Lines below starting with the line with "filename src/Routers/Router/Fresh.antt" and going on through the line with "child_of = child_or_new_of_new" must be output exactly; the rest of the records must be left out.

__Input data__
◇ ◇ ◇ ◇

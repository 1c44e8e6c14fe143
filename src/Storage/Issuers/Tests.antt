-- ===== src/Storage/Issuers/Tests.antt =====
-- The theorems on issuers at concrete inputs.
use identity_api.Common.{
  ◌≡◌, ◌≢◌, find?, refl, true, not, none, some, [], ◌∷◌, ◌++◌, ◌==◌, any, keep, if◌then◌else◌,
}
use identity_api.Types.{PrefixedId}
use identity_api.Types.Issuers.{
  Issuer, IssuerUpdate, marshal_mapping, each, marshal_conditions, unmarshal_conditions,
}
use identity_api.Types.Errors.{Failure, db}
use identity_api.Exec.{ok, err}
use identity_api.Platform.Schema.{IssuerRow}
use identity_api.Sandbox.{sandbox, sandbox-IsDocumented}
use identity_api.Sandbox.Data.{start}
use identity_api.Sandbox.Tokens.{expressions, expressions-RoundTrips}
use identity_api.Storage.{with_tx, get_context_tx}
use identity_api.Storage.Issuers.{
  create_issuer, insert_issuer, conditions_column, issuer_row, scan_issuer, scan_mapping,
  scan_conditions, delete_issuer, update_issuer, issuer_update_to_col_bindings, mapping_binding,
  conditions_binding, bind_if_not_nil,
}
use identity_api.Storage.Issuers.Sql.{
  update_issuer_row, set_issuer, set_columns, set_column, uri_taken, clashes, insert_issuer_row,
  has_id, of_issuer, delete_issuer_row, delete_users_of_issuer,
}
use identity_api.Storage.Issuers.Lookup.{
  issuer_at, issuer_by, as_stored, create_issuer-issuer_at, delete_issuer-issuer_at,
}
use identity_api.Storage.Issuers.Updated.{IsUpdated, update_issuer-outcomes}

abbrev okta : Issuer expressions
okta = record {
  owner_id = "tnt";
  id = "iss-2";
  name = "okta";
  uri = "https://okta";
  jwksuri = "https://okta/keys";
  claim_mappings = some (("identity-api.infratographer.com/sub", "claims.email") ∷ []);
  claim_conditions = none;
}

creates : (create_issuer sandbox expressions with_tx okta start).0 ≡ ok okta
unfolding create_issuer insert_issuer get_context_tx marshal_mapping each conditions_column
    issuer_row insert_issuer_row clashes any
creates = refl

create_issuer-issuer_at_example :
    let after = (create_issuer sandbox expressions with_tx okta start).1.view in
    ◌≡◌ {A = Issuer expressions} okta okta
    × (issuer_at "iss-2" start.view ≡ none)
    × (issuer_by "https://okta" start.view ≡ none)
    × (scan_issuer expressions (issuer_at "iss-2" after) ≡ ok (as_stored expressions okta))
    × (scan_issuer expressions (issuer_by "https://okta" after) ≡ ok (as_stored expressions okta))
    × ((row : IssuerRow) × (after ≡ record (start.view) {
      working = record (start.view.working) { issuers = start.view.working.issuers ++ row ∷ [] };
    }))
create_issuer-issuer_at_example =
    create_issuer-issuer_at sandbox-IsDocumented expressions-RoundTrips okta okta start creates

deletes : (delete_issuer sandbox with_tx "iss-1" start).0 ≡ ok tt
unfolding delete_issuer get_context_tx delete_users_of_issuer delete_issuer_row any keep
deletes = refl

delete_issuer-issuer_at_example :
    let after = (delete_issuer sandbox with_tx "iss-1" start).1.view in
    (any (has_id "iss-1") start.view.working.issuers ≡ true)
    × ((other : PrefixedId)
        → issuer_at other after ≡ (if "iss-1" == other then none else issuer_at other start.view))
    × (after ≡ record (start.view) {
      working = record (start.view.working) {
        issuers = after.working.issuers;
        user_info = keep (λ u. not (of_issuer "iss-1" u)) start.view.working.user_info;
      };
    })
delete_issuer-issuer_at_example = delete_issuer-issuer_at sandbox-IsDocumented "iss-1" start deletes

abbrev nothing : IssuerUpdate expressions
nothing = record {
  name = none;
  uri = none;
  jwksuri = none;
  claim_mappings = none;
  claim_conditions = none;
}

no_columns : issuer_update_to_col_bindings expressions nothing ≡ ok []
unfolding issuer_update_to_col_bindings mapping_binding conditions_binding bind_if_not_nil
no_columns = refl

-- A new name and a condition.
abbrev renamed : IssuerUpdate expressions
renamed = record {
  name = some "new";
  uri = none;
  jwksuri = none;
  claim_mappings = none;
  claim_conditions = some (some "true");
}

update_issuer-outcomes_example :
    let after = (update_issuer sandbox expressions with_tx "iss-1" renamed start).1.view in
    ((out : Issuer expressions)
      → (update_issuer sandbox expressions with_tx "iss-1" renamed start).0 ≡ ok out
      → ((old : IssuerRow) × (issuer_at "iss-1" start.view ≡ some old) × IsUpdated renamed old out)
        × (scan_issuer expressions (issuer_at "iss-1" after) ≡ ok out)
        × ((other : PrefixedId)
            → other ≢ "iss-1"
            → issuer_at other after ≡ issuer_at other start.view)
        × (after ≡ record (start.view) {
          working = record (start.view.working) { issuers = after.working.issuers };
        }))
    × (issuer_update_to_col_bindings expressions renamed ≡ ok []
        → ((f : Failure) × ((update_issuer sandbox expressions with_tx "iss-1" renamed start).0
              ≡ err (db f)))
          × (after ≡ start.view))
update_issuer-outcomes_example =
    update_issuer-outcomes sandbox-IsDocumented expressions-RoundTrips "iss-1" renamed start

-- The update of the name goes through.
updates :
    (update_issuer sandbox expressions with_tx "iss-1" renamed start).0
    ≡ ok (record {
      owner_id = "tnt";
      id = "iss-1";
      name = "new";
      uri = "https://idp";
      jwksuri = "https://idp/jwks";
      claim_mappings = none;
      claim_conditions = some (some "true");
    })
unfolding update_issuer get_context_tx issuer_update_to_col_bindings mapping_binding
    conditions_binding bind_if_not_nil update_issuer_row set_issuer set_columns set_column uri_taken
    any find? scan_issuer scan_mapping scan_conditions marshal_conditions unmarshal_conditions
updates = refl
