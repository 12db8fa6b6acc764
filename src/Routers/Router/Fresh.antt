-- ===== src/Routers/Router/Fresh.antt =====
-- Small route trees of src/piconaut/routers/router.cc: one or two routes added to a fresh router.
use piconaut.Prelude.{
  ℕ, Str, true, false, Bool-cases, inl, inr, none, some, List, [], ◌∷◌, ◌++◌, Map, ◌≡◌, refl, ◌∙◌,
  ap, nat_eq, list_eq, ◌==◌,
}
use piconaut.Routers.Node.{
  param_pattern, nil, RouterNode, node, children, handler, key, new_node, find_child,
}
use piconaut.Routers.Router.{
  is_param, normalized_part, braces, regex_match, mark, add_parts, match_parts, matched,
}
use piconaut.Routers.Router.Walk.{child_or_new}
use piconaut.Routers.Router.Matching.{
  captured, Takes, literally, as_param, Chosen, descend, match_short,
}

-- A part of a route fits a part of a request.
pub data Fits (part q : Str) : Type 0 where
  same : is_param part ≡ false → q ≡ part → Fits part q
  value : is_param part ≡ true → regex_match q param_pattern ≡ true → Fits part q

abbrev pub AllFit : List Str → List Str → Type 0
AllFit [] [] = Unit
AllFit (part ∷ parts) (q ∷ qs) = Fits part q × AllFit parts qs
AllFit _ _ = ⊥

module _ (H : Type 0) where
  Takes-Fits : (part q : Str) → Fits part q → Takes part q (new_node {H = H})
  Takes-Fits part q (same e s) = literally e s
  Takes-Fits part q (value e v) = as_param e v (unfold find_child in refl)

  child_or_new_of_new : (name : Str) → child_or_new name (new_node {H = H}) ≡ new_node
  child_or_new_of_new name = unfold find_child in refl

  pub Chosen-Fits : (parts qs : List Str) → AllFit parts qs → Chosen parts qs (new_node {H = H})
  Chosen-Fits [] [] f = f
  Chosen-Fits [] (q ∷ qs) f = f
  Chosen-Fits (part ∷ parts) [] f = f
  Chosen-Fits (part ∷ parts) (q ∷ qs) (f, fs) =
      (Takes-Fits part q f, rw child_of (Chosen-Fits parts qs fs))
    where
      child_of : child_or_new (normalized_part part) (new_node {H = H}) ≡ new_node
      child_of = child_or_new_of_new (normalized_part part)

-- A node as `make_unique<RouterNode>()` leaves it, but for its type, name and pattern.
record IsBare {H : Type 0} (n : RouterNode H) : Type 0 where
  pub no_handler : handler n ≡ none
  pub zero_key : key n ≡ 0
  pub no_child : children n ≡ nil

module _ {H : Type 0} where
  mark-IsBare : (part : Str) (n : RouterNode H) → IsBare n → IsBare (mark part n)
  unfolding mark
  mark-IsBare part (node c h t p r k) b = elim (Bool-cases (normalized_part part == braces)) [
    | inl e ↦
        rw e (record { no_handler = b.no_handler; zero_key = b.zero_key; no_child = b.no_child })
    | inr e ↦
        rw e (record { no_handler = b.no_handler; zero_key = b.zero_key; no_child = b.no_child })
  ]

  child_of_bare : (name : Str) (n : RouterNode H) → IsBare n → child_or_new name n ≡ new_node
  child_of_bare name n b = rw b.no_child (unfold find_child in refl)

  descend-IsBare : (parts : List Str) (n : RouterNode H) → IsBare n → IsBare (descend parts n)
  descend-IsBare [] n b = b
  descend-IsBare (part ∷ parts) n b =
      descend-IsBare parts (mark part (child_or_new (normalized_part part) n)) (
        mark-IsBare part _ (
          rw (child_of_bare (normalized_part part) n b)
            (record { no_handler = refl; zero_key = refl; no_child = refl })))

  matched-add_cons :
      (part : Str) (parts : List Str) (k : ℕ) (h : H) (n : RouterNode H)
      → IsBare n
      → matched (add_parts (part ∷ parts) k h n) ≡ record { executor = some none; key = some 0 }
  unfolding add_parts
  matched-add_cons part parts k h (node c h' t p r k') b = rw (b.no_handler, b.zero_key) refl

  module _ (k : ℕ) (h : H) where
    -- A request for the first parts of a route, where the router has no other: the result is not
    -- empty, though it points to an empty function and to the key 0.
    pub match_prefix :
        (parts : List Str) (part : Str) (rest qs : List Str) (params : Map Str Str)
        → AllFit parts qs
        → match_parts qs params (add_parts (parts ++ part ∷ rest) k h new_node)
          ≡ (record { executor = some none; key = some 0 }, captured parts qs params)
    match_prefix parts part rest qs params fit =
        match_short k h parts part rest qs params new_node (Chosen-Fits H parts qs fit)
        ∙ ap (λ r. (r, captured parts qs params))
            (matched-add_cons part rest k h (descend parts new_node) (
              descend-IsBare parts new_node
                (record { no_handler = refl; zero_key = refl; no_child = refl })))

◇ ◇ ◇ ◇

__Solution to the problem__
filename src/Routers/Router/Fresh.antt
-- ===== src/Routers/Router/Fresh.antt =====
-- Small route trees of src/piconaut/routers/router.cc: one or two routes added to a fresh router.
use piconaut.Prelude.{
  ℕ, Str, true, false, Bool-cases, inl, inr, none, some, List, [], ◌∷◌, ◌++◌, Map, ◌≡◌, refl, ◌∙◌,
  ap, nat_eq, list_eq, ◌==◌,
}
use piconaut.Routers.Node.{
  param_pattern, nil, RouterNode, node, children, handler, key, new_node, find_child,
}
use piconaut.Routers.Router.{
  is_param, normalized_part, braces, regex_match, mark, add_parts, match_parts, matched,
}
use piconaut.Routers.Router.Walk.{child_or_new}
use piconaut.Routers.Router.Matching.{
  captured, Takes, literally, as_param, Chosen, descend, match_short,
}

-- A part of a route fits a part of a request.
pub data Fits (part q : Str) : Type 0 where
  same : is_param part ≡ false → q ≡ part → Fits part q
  value : is_param part ≡ true → regex_match q param_pattern ≡ true → Fits part q

abbrev pub AllFit : List Str → List Str → Type 0
AllFit [] [] = Unit
AllFit (part ∷ parts) (q ∷ qs) = Fits part q × AllFit parts qs
AllFit _ _ = ⊥

module _ (H : Type 0) where
  Takes-Fits : (part q : Str) → Fits part q → Takes part q (new_node {H = H})
  Takes-Fits part q (same e s) = literally e s
  Takes-Fits part q (value e v) = as_param e v (unfold find_child in refl)

  child_or_new_of_new : (name : Str) → child_or_new name (new_node {H = H}) ≡ new_node
  child_or_new_of_new name = unfold find_child in refl

  pub Chosen-Fits : (parts qs : List Str) → AllFit parts qs → Chosen parts qs (new_node {H = H})
  Chosen-Fits [] [] f = f
  Chosen-Fits [] (q ∷ qs) f = f
  Chosen-Fits (part ∷ parts) [] f = f
  Chosen-Fits (part ∷ parts) (q ∷ qs) (f, fs) =
      (Takes-Fits part q f, rw child_of (Chosen-Fits parts qs fs))
    where
      child_of : child_or_new (normalized_part part) (new_node {H = H}) ≡ new_node
      child_of = child_or_new_of_new (normalized_part part)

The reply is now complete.